Six dissenting legislators from the governing Partido Accion Nacional (PAN) cast a "protest" vote, accusing their floor coordinator Hector Larios of giving PRI legislative leader Emilio Gamboa Patron too much say in how the budget was shaped.

Tax reform, high oil revenues help boost spending

In October, the Chamber of Deputies approved the revenues portion of the budget (Ley de Ingresos de la Federacion), which, along with the tax increases, counts on the continuation of high global oil prices. The revenues budget, also set at 2.57 trillion pesos (US$235 billion), assumes an average oil-export price of US$49 per barrel, only slightly higher than the US$46.60 used in the Calderon budget plan.

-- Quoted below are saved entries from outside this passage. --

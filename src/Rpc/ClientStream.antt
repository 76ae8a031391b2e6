-- ===== src/Rpc/ClientStream.antt =====
-- rpc/wrtc_client_stream.go: the client's end of a stream. The context that Header and Context give
-- to the user is not modelled. A response whose packet is nil, on which processMessage panics, is
-- left aside.
pub mod Closing
use goutils.Common.{
  ℕ, String, Bool, true, false, Option, none, some, List, [], ◌∷◌, if◌then◌else◌, ◌==◌, length,
}
use goutils.Rpc.Channel.{StreamError, closed_pipe, text, Channel, write}
use goutils.Rpc.BaseStream.{
  Bytes, Metadata, PacketMessage, BaseStream, close_with_error, close_from_trailers, process_packet,
  deliver, metadata_from_proto, send_loop,
}

pub record RequestMessage : Type 0 where
  pub has_message : Bool
  pub packet : Option PacketMessage
  pub eos : Bool

pub data Request : Type 0 where
  -- with the method and its metadata
  headers : String → Option Metadata → Request
  message : RequestMessage → Request
  rst_stream : Request
  -- of no type that is known
  unknown_request : Request

-- What is given to SendMsg: nil, a message that cannot be marshalled, or one with its encoding.
pub data Outgoing : Type 0 where
  nil_message : Outgoing
  failing : StreamError → Outgoing
  encoded : Bytes → Outgoing

pub data Response : Type 0 where
  headers : Option Metadata → Response
  message : PacketMessage → Response
  -- with the error that the status stands for
  trailers : Option Metadata → Option StreamError → Response
  unknown : Response

pub record ClientStream : Type 0 where
  pub base : BaseStream
  pub channel : Channel Request
  pub headers : Option Metadata
  pub trailers : Option Metadata
  pub headers_received : Bool
  pub trailers_received : Bool
  pub send_closed : Bool

-- checkWriteErrForStreamClose
abbrev pub check_write_err : Option StreamError → Option StreamError
check_write_err none = none
check_write_err (some closed_pipe) = none
check_write_err (some e) = some e

abbrev with_base : ClientStream → BaseStream → ClientStream
with_base s b = record s { base = b }

-- the deferred function of writeHeaders and writeMessage
abbrev pub close_on_error : Option StreamError → BaseStream → BaseStream
close_on_error none b = b
close_on_error (some e) b = close_with_error (some e) false b

abbrev pub written :
    ClientStream → Option StreamError × Channel Request → Option StreamError × ClientStream
written s (e, ch) = (e, record s { channel = ch; base = close_on_error (check_write_err e) s.base })

unfoldable pub write_headers :
    String → Option Metadata → ClientStream → Option StreamError × ClientStream
unfolding close_with_error
write_headers method md s = written s (write s.channel (Request.headers method md))

abbrev pub request : Bool → Bool → PacketMessage → Request
request has_message eos p =
    Request.message (record { has_message = has_message; packet = some p; eos = eos })

abbrev pub empty_packet : PacketMessage
empty_packet = record { data_ = []; eom = true }

-- what writeMessage writes; n is maxRequestMessagePacketDataSize
unfoldable pub send : ℕ → Outgoing → Bool → Channel Request → Option StreamError × Channel Request
send n (failing e) eos ch = (some e, ch)
send n nil_message eos ch = write ch (request false eos empty_packet)
send n (encoded bytes) eos ch =
    if length bytes == 0
    then write ch (request true eos empty_packet)
    else send_loop (length bytes) n (request true eos) bytes ch

unfoldable pub write_message :
    ℕ → Outgoing → Bool → ClientStream → Option StreamError × ClientStream
unfolding send close_with_error
write_message n m eos s =
    if s.send_closed
    then (some closed_pipe, s)
    else written (if eos then record s { send_closed = true } else s) (send n m eos s.channel)

-- resetStream, which runs once the context is done
unfoldable pub reset_stream : ClientStream → Option StreamError × ClientStream
unfolding close_with_error
reset_stream s =
    let (e, ch) = write s.channel rst_stream in
    (
      e,
      record s {
        send_closed = true;
        channel = ch;
        base = close_with_error (check_write_err e) false s.base;
      },
    )

-- Close
unfoldable pub close : ClientStream → ClientStream
unfolding close_with_error
close s = with_base s (close_with_error none false (record s.base { cancelled = true }))

-- processMessage behind the reassembly
abbrev pub received : BaseStream → Option Bytes × Bytes → BaseStream
received b (none, buf) = record b { packet_buf = buf }
received b (some bytes, buf) = deliver bytes (record b { packet_buf = buf })

unfoldable pub process_message : PacketMessage → ClientStream → ClientStream
unfolding deliver
process_message p s =
    if s.trailers_received
    then s
    else with_base s (received s.base (process_packet s.base.packet_buf p))

unfoldable pub process_headers : Option Metadata → ClientStream → ClientStream
process_headers md s = record s { headers = metadata_from_proto md; headers_received = true }

-- trailers.Metadata == nil leaves the trailers as they are
abbrev new_trailers : Option Metadata → Option Metadata → Option Metadata
new_trailers none old = old
new_trailers (some md) old = metadata_from_proto (some md)

unfoldable pub process_trailers : Option Metadata → Option StreamError → ClientStream → ClientStream
unfolding close_from_trailers
process_trailers md e s = record s {
  trailers_received = true;
  trailers = new_trailers md s.trailers;
  base = close_from_trailers e s.base;
}

abbrev pub fail : String → ClientStream → ClientStream
fail m s = with_base s (close_with_error (some (text m)) false s.base)

unfoldable pub on_response : Response → ClientStream → ClientStream
unfolding process_message process_headers process_trailers close_with_error
on_response (Response.headers md) s =
    if s.headers_received
    then fail "headers already received" s
    else if s.trailers_received
    then fail "headers received after trailers" s
    else process_headers md s
on_response (Response.message p) s =
    if s.headers_received
    then (if s.trailers_received
        then fail "message received after trailers" s
        else process_message p s)
    else fail "headers not yet received" s
on_response (Response.trailers md e) s = process_trailers md e s
on_response unknown s = s
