-- ===== src/Rpc/ClientChannel.antt =====
-- rpc/wrtc_client_channel.go: the client's streams by id over one data channel, calls and messages. A
-- stream that is in the map writes to the data channel of the client's channel. RecvMsg, which ends
-- Invoke, the interceptors and the logs are left out; the streams of the map that Close ranges over come
-- in any order. What is called on a stream that is no longer in the map is not part of these steps.
pub mod Streams
pub mod Fresh
pub mod Closing
mod Tests
use goutils.Common.{
  ℕ, suc, ◌%◌, String, Bool, true, false, Option, none, some, List, [], ◌∷◌, if◌then◌else◌, ◌==◌,
  length,
}
use goutils.Rpc.StreamMap.{get, put, remove}
use goutils.Rpc.Channel.{StreamError, Channel, close_with_reason}
use goutils.Rpc.BaseStream.{Metadata}
use goutils.Rpc.ClientStream.{
  Request, Response, Outgoing, ClientStream, write_headers, write_message, reset_stream, close,
  on_response,
}

abbrev pub max_stream_count : ℕ
max_stream_count = 256

pub record ClientChannel : Type 0 where
  pub stream_id_counter : ℕ
  pub base : Channel Request
  pub streams : List (ℕ × ClientStream)

-- newWebRTCClientChannel
abbrev pub new_client_channel : Channel Request → ClientChannel
new_client_channel ch = record { stream_id_counter = 0; base = ch; streams = [] }

-- newWebRTCClientStream, whose context is done with the channel's
abbrev pub client_stream : Bool → Channel Request → ClientStream
client_stream takes ch = record {
  base = record {
    packet_buf = [];
    delivered = [];
    takes = takes;
    recv_closed = false;
    closed = false;
    cancelled = ch.cancelled;
    error = none;
    done_calls = 0;
  };
  channel = ch;
  headers = none;
  trailers = none;
  headers_received = false;
  trailers_received = false;
  send_closed = false;
}

-- nextStreamID, which counts modulo 2^64
abbrev pub next_stream_id : ClientChannel → ClientChannel
next_stream_id c = record c { stream_id_counter = suc c.stream_id_counter % 18446744073709551616 }

abbrev pub found_or_new :
    Bool → ClientChannel → ℕ → Option ClientStream → Option ClientStream × ClientChannel
found_or_new takes c id (some s) = (some s, c)
found_or_new takes c id none =
    let s = client_stream takes c.base in
    if length c.streams == max_stream_count
    then (none, c)
    else (some s, record c { streams = put c.streams id s })

-- newStream
unfoldable pub new_stream : Bool → ClientChannel → ℕ → Option ClientStream × ClientChannel
new_stream takes c id = found_or_new takes c id (get c.streams id)

-- what a method of a stream leaves: onDone takes one that closed out of the map
abbrev pub store : ClientChannel → ℕ → ClientStream → ClientChannel
store c id s = record c {
  base = s.channel;
  streams = if s.base.closed then remove c.streams id else put c.streams id s;
}

-- the stream as it writes to the channel
abbrev pub on_channel : ClientChannel → ClientStream → ClientStream
on_channel c s = record s { channel = c.base }

-- What newClientStream and Invoke answer before RecvMsg: "stream limit hit", the error of a write, or
-- the id of the stream.
pub data Opened : Type 0 where
  max_streams : Opened
  write_error : StreamError → Opened
  opened : ℕ → Opened

abbrev pub answer : ℕ → Option StreamError → Opened
answer id none = opened id
answer id (some e) = write_error e

abbrev pub with_headers :
    String → Option Metadata → ℕ → Option ClientStream × ClientChannel → Opened × ClientChannel
with_headers method md id (none, c) = (max_streams, c)
with_headers method md id (some s, c) =
    let r = write_headers method md (on_channel c s) in (answer id r.0, store c id r.1)

-- newClientStream
unfoldable pub new_client_stream :
    Bool → String → Option Metadata → ClientChannel → Opened × ClientChannel
unfolding new_stream write_headers
new_client_stream takes method md c =
    let d = next_stream_id c in
    with_headers method md d.stream_id_counter (new_stream takes d d.stream_id_counter)

-- what is called on a stream, or its goroutine that resets it
pub data Call : Type 0 where
  sends : ℕ → Outgoing → Bool → Call
  resets closes : Call
  -- its context is done
  cancels : Call

unfoldable pub call : Call → ClientStream → Option StreamError × ClientStream
unfolding write_message reset_stream close
call (sends n m eos) s = write_message n m eos s
call resets s = reset_stream s
call closes s = (none, close s)
call cancels s = (none, record s { base = record (s.base) { cancelled = true } })

abbrev pub call_found :
    Call → ClientChannel → ℕ → Option ClientStream → Option StreamError × ClientChannel
call_found x c id none = (none, c)
call_found x c id (some s) = let r = call x (on_channel c s) in (r.0, store c id r.1)

unfoldable pub call_stream : Call → ClientChannel → ℕ → Option StreamError × ClientChannel
unfolding call
call_stream x c id = call_found x c id (get c.streams id)

abbrev pub with_message : ℕ → Outgoing → Opened × ClientChannel → Opened × ClientChannel
with_message n m (max_streams, c) = (max_streams, c)
with_message n m (write_error e, c) = (write_error e, c)
with_message n m (opened id, c) = let r = call_stream (sends n m true) c id in (answer id r.0, r.1)

-- invoke up to RecvMsg
unfoldable pub invoke :
    Bool → String → Option Metadata → ℕ → Outgoing → ClientChannel → Opened × ClientChannel
unfolding new_client_stream call_stream
invoke takes method md n m c = with_message n m (new_client_stream takes method md c)

abbrev pub respond : Response → ClientChannel → ℕ → Option ClientStream → ClientChannel
respond r c id none = c
respond r c id (some s) = store c id (on_response r (on_channel c s))

-- onChannelMessage of a response with its stream id, `none` where it cannot be decoded or has none
unfoldable pub on_channel_message : Option (ℕ × Response) → ClientChannel → ClientChannel
unfolding on_response
on_channel_message none c = c
on_channel_message (some (id, r)) c = respond r c id (get c.streams id)

abbrev pub ids : List (ℕ × ClientStream) → List ℕ
ids [] = []
ids ((id, s) ∷ m) = id ∷ ids m

abbrev pub close_each : List ℕ → ClientChannel → ClientChannel
close_each [] c = c
close_each (id ∷ rest) c = close_each rest (call_stream closes c id).1

-- Close
unfoldable pub close_channel : ClientChannel → ClientChannel
unfolding call_stream close_with_reason
close_channel c =
    let d = close_each (ids c.streams) c in record d { base = close_with_reason none d.base }

pub data Event : Type 0 where
  opens : Bool → String → Option Metadata → Event
  invokes : Bool → String → Option Metadata → ℕ → Outgoing → Event
  calls : ℕ → Call → Event
  gets : Option (ℕ × Response) → Event
  closes_channel : Event

abbrev pub step : Event → ClientChannel → ClientChannel
step (opens takes method md) c = (new_client_stream takes method md c).1
step (invokes takes method md n m) c = (invoke takes method md n m c).1
step (calls id x) c = (call_stream x c id).1
step (gets x) c = on_channel_message x c
step closes_channel c = close_channel c

abbrev pub run : List Event → ClientChannel → ClientChannel
run [] c = c
run (e ∷ es) c = run es (step e c)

The Calderon administration said the expenditures approved for 2008 are the largest in Mexico's history. "[This budget] is going to contribute to an increase in economic activity and job creation while reducing Mexico's economic risk," said Finance Secretary Agustin Carstens. He noted that the increase in government spending could help counter the negative effects of an expected economic slowdown in the US in 2008.

In addition to applying the anticipated increase in revenues, legislators funded large increases for social programs, health care, infrastructure, and education by chopping about 3.2 billion pesos (US$293 million) from the budgets of semi-autonomous agencies, including the judiciary (Poder Federal Judicial), the human rights commission (Comision Nacional de Derechos Humanos, CNDH), and the elections watchdog (Instituto Federal Electoral, IFE). Legislators said the cuts were relatively small when compared to the total budget allocated for the agencies, which totals about 47.8 billion pesos (US$4.4 billion). This compares with the 50.7 billion pesos (US$4.65 billion) contained in Calderon's proposal.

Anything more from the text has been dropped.